If infections, hospital admissions and deaths have not dropped sufficiently, he said: “It would be much better to extend this lockdown for another couple of weeks prior to the Christmas period – and then loosen the restrictions a little bit over Christmas so that people can meet up with their families.
“Much better to do that than remove these restrictions and then have to impose even more draconian restrictions over Christmas or soon into the new year.”

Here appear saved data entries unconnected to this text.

-- ===== src/Shell/Keys.antt =====
-- Insertion and deletion in the buffers of `read_cmd`.
use frostbite.Base.{
  ℕ, ◌+◌, ◌-◌, ◌<◌, ◌≡◌, refl, inl, inr, true, false, ◌&&◌, List, [], ◌∷◌, arith, ◌==◌,
  if◌then◌else◌, ltb, leb, length, Bool-cases, and_right,
}
use frostbite.Shell.{
  wipe, drop_sequence, Editor, max_cmd_buf_size, ascii_escape, cursor_string, make_room, insert_key,
  close_gap, erase_last, delete_key,
}
use frostbite.Text.{poke, to_upper}
use frostbite.Text.Str.{move_chars, fill}
use mathlib.Core.Path.{fun_ext}
use frostbite.Shell.Line.{Line, Pending, idle, escaped, escaped_with, line, backspace}
use frostbite.Shell.Edit.{
  Holds, upper-move, upper-poke, no_nul-text_cons, tail-after, insert-chars, delete-chars,
}

move_chars-none : (to from : ℕ) (chars : ℕ → ℕ) → move_chars to from 0 chars ≡ chars
unfolding move_chars
move_chars-none to from chars =
    fun_ext (λ j. let out : (leb to j && ltb j (to + 0)) ≡ false = ground arith in rw out refl)

module _ {buf echo : ℕ → ℕ} {cursor size : ℕ} {b a : List ℕ} where
  Holds-inserted :
      Holds buf echo cursor size b a
      → (c : ℕ) → (c == 0) ≡ false
      → Holds
          (poke cursor (to_upper c) (move_chars (cursor + 1) cursor (length a) buf))
          (poke cursor c (move_chars (cursor + 1) cursor (length a) echo))
          (cursor + 1)
          (size + 1)
          (c ∷ b)
          a
  Holds-inserted h c good = record {
    chars = λ j. rw (h.at_cursor) (insert-chars echo b a c h.chars j);
    upper = upper-poke cursor c _ _ (upper-move (cursor + 1) cursor (length a) buf echo h.upper);
    at_cursor = omega (arith, h.at_cursor);
    full = omega (arith, h.full);
    real = rw (no_nul-text_cons c b a, good) (h.real);
  }

  Holds-deleted :
      (c : ℕ)
      → Holds buf echo cursor size (c ∷ b) a
      → Holds
          (poke (size - 1) 0 (move_chars (cursor - 1) cursor (length a) buf))
          (poke (size - 1) 0 (move_chars (cursor - 1) cursor (length a) echo))
          (cursor - 1)
          (size - 1)
          b
          a
  unfolding to_upper
  Holds-deleted c h =
      let from : cursor ≡ length b + 1 = omega (arith, h.at_cursor) in
      let to : cursor - 1 ≡ length b = omega (arith, h.at_cursor) in
      let last : size - 1 ≡ length b + length a = omega (arith, h.full) in
      record {
        chars = λ j. rw (to, last, from) (delete-chars echo b a c h.chars j);
        upper =
            upper-poke (size - 1) 0 _ _
              (upper-move (cursor - 1) cursor (length a) buf echo h.upper);
        at_cursor = to;
        full = last;
        real = and_right _ _ (rw (no_nul-text_cons c b a) at (h.real));
      }

-- The cells of `key_acc` for the key sequence that was begun.
abbrev pub Typed : Pending → (ℕ → ℕ) → Type 0
Typed idle acc = (acc 0 ≡ 0) × (acc 1 ≡ 0) × (acc 2 ≡ 0)
Typed escaped acc = (acc 0 ≡ ascii_escape) × (acc 1 ≡ 0) × (acc 2 ≡ 0)
Typed (escaped_with c) acc = (acc 0 ≡ ascii_escape) × (acc 1 ≡ c) × (acc 2 ≡ 0) × ((c == 0) ≡ false)

pub record Shows (e : Editor) (l : Line) : Type 0 where
  pub held : Holds e.buf e.echo_buf e.cursor e.buf_size l.before l.after
  pub typed : Typed l.pending e.key_acc

pub cleared-Typed : (acc : ℕ → ℕ) → Typed idle (fill 0 3 0 acc)
unfolding fill
cleared-Typed acc = (refl, refl, refl)

pub insert_key-Holds :
    (ch : ℕ) (e : Editor) (b a : List ℕ)
    → (ch == 0) ≡ false
    → Holds e.buf e.echo_buf e.cursor e.buf_size b a
    → e.buf_size < max_cmd_buf_size
    → (let r = insert_key ch e in
        Holds r.buf r.echo_buf r.cursor r.buf_size (ch ∷ b) a × (r.key_acc ≡ e.key_acc))
unfolding insert_key make_room
insert_key-Holds ch e b a good h lt = elim (Bool-cases (ltb e.cursor e.buf_size)) [
  | inl inside ↦
      let own : cursor_string e ≡ a =
        rw (h.at_cursor) (tail-after e.echo_buf b a h.chars h.real (omega (arith, h.full))) in
      rw (inside, own) (Holds-inserted h ch good, refl)
  | inr at_end ↦
      let empty : length a ≡ 0 = ground (arith, h.at_cursor, h.full) in
      let same = Holds-inserted h ch good in
      rw at_end (rw (empty, move_chars-none, move_chars-none) at same, refl)
]

erase_in-Holds :
    (e : Editor) (c : ℕ) (b a : List ℕ)
    → Holds e.buf e.echo_buf e.cursor e.buf_size (c ∷ b) a
    → e.buf_size < max_cmd_buf_size
    → (let r = erase_last (if ltb e.cursor e.buf_size then close_gap e else e) in
        Holds r.buf r.echo_buf r.cursor r.buf_size b a × (r.key_acc ≡ e.key_acc))
unfolding erase_last close_gap
erase_in-Holds e c b a h lt = elim (Bool-cases (ltb e.cursor e.buf_size)) [
  | inl inside ↦
      let own : cursor_string e ≡ a =
        rw (h.at_cursor) (tail-after e.echo_buf (c ∷ b) a h.chars h.real (omega (arith, h.full))) in
      rw (inside, own) (Holds-deleted c h, refl)
  | inr at_end ↦
      let empty : length a ≡ 0 = ground (arith, h.at_cursor, h.full) in
      let same = Holds-deleted c h in
      rw (at_end) (rw (empty, move_chars-none, move_chars-none) at same, refl)
]

pub kept_Typed : (p : Pending) (f g : ℕ → ℕ) → g ≡ f → Typed p f → Typed p g
kept_Typed p f g e t = rw e t

cleared_by_delete :
    (p : Pending) (acc : ℕ → ℕ)
    → Typed p acc
    → Typed idle (if acc 0 == 0 then acc else fill 0 3 0 acc)
cleared_by_delete idle acc t = rw (t.0) t
cleared_by_delete escaped acc t = rw (t.0) (cleared-Typed acc)
cleared_by_delete (escaped_with c) acc t = rw (t.0) (cleared-Typed acc)

pub delete_key-Shows :
    (e : Editor) (b a : List ℕ) (p : Pending)
    → Shows e (line b a p)
    → e.buf_size < max_cmd_buf_size
    → Shows (delete_key e) (backspace b a)
unfolding delete_key
delete_key-Shows e [] a p s lt =
    let start : (e.cursor == 0) ≡ true = ground (arith, s.held.at_cursor) in
    rw start (record { held = s.held; typed = cleared_by_delete p e.key_acc s.typed })
delete_key-Shows e (c ∷ b) a p s lt =
    let inner : (e.cursor == 0) ≡ false = ground (arith, s.held.at_cursor) in
    let (held, kept) = erase_in-Holds (wipe (drop_sequence e)) c b a s.held lt in
    rw inner (record {
      held = held;
      typed = kept_Typed idle _ _ kept (cleared_by_delete p e.key_acc s.typed);
    })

He also said he did not think it makes sense to return to regional variation in restrictions “immediately after this set of more draconian measures are lifted”.
Labour leader Sir Keir Starmer said his party would vote in favour of the latest coronavirus restrictions but warned of the “cost to that delay” in locking down.
He told BBC One’s Andrew Marr Show the measures are “necessary” but criticised the Government for rejecting “out of hand” his call for a “circuit-breaker” last month.
“The lockdown now will be longer, it’ll be harder, we’ve just missed half-term and there’s a very human cost to this.
“On the day that Sage recommended a circuit-break, the daily death rate was 11, yesterday it was 326, so there’s a very human cost to this, but the measures are necessary.”
Mr Johnson, speaking on Saturday night from Downing Street, said “no responsible Prime Minister can ignore” the rising rates of Covid-19 infections, as he acknowledged that cases had not come down fast enough in the worst affected areas.
“We know the cost of these restrictions – the impact on jobs and livelihoods, and people’s mental health. No-one wants to be imposing these measures,” he added.
The Prime Minister warned the virus is “spreading even faster than the reasonable worst-case scenario of our scientific advisers”.
He said: “Unless we act, we could see deaths in this country running at several thousand a day – a peak of mortality, alas, bigger than the one we saw in April.”
The Prime Minister said overrunning of the NHS would be a “medical and moral disaster, beyond the raw loss of life”.
The Government also said another 162 people had died within 28 days of testing positive for Covid-19 as of Sunday.
Under the new restrictions set out by the Prime Minister:
– Millions of people classed as clinically vulnerable to coronavirus will be told to take “extra precautions” but will not be formally asked to shield.
– Travel and overnight stays in the UK and abroad will be restricted as people are advised not to travel unless for essential reasons.
– “Rapid turnaround tests” for coronavirus will be rolled out in “a matter of days”, and the Army will be brought in to help distribute the swabs, which could help partners attend labour wards.
– Churches will remain open for private prayer, funerals will be limited to 30 people – although it is advised that only close family members attend – and weddings are only allowed in “exceptional circumstances”.
– Single-adult households will continue to be allowed to form a “support bubble” with one other household, and children can move between homes if their parents are separated.
– Job centres, courts and civil registration offices will remain open, and elite sport will be allowed to continue behind closed doors.
A snap poll by YouGov suggested 72% of people in England back the plan to return to lockdown, with just one in four (23%) opposing it.
However, it compares to 93% who supported the first lockdown in March, with the drop in support highest among young people.
The poll of 2,258 English adults was carried out between October 31 and November 1, and after Mr Johnson finished speaking on Saturday evening.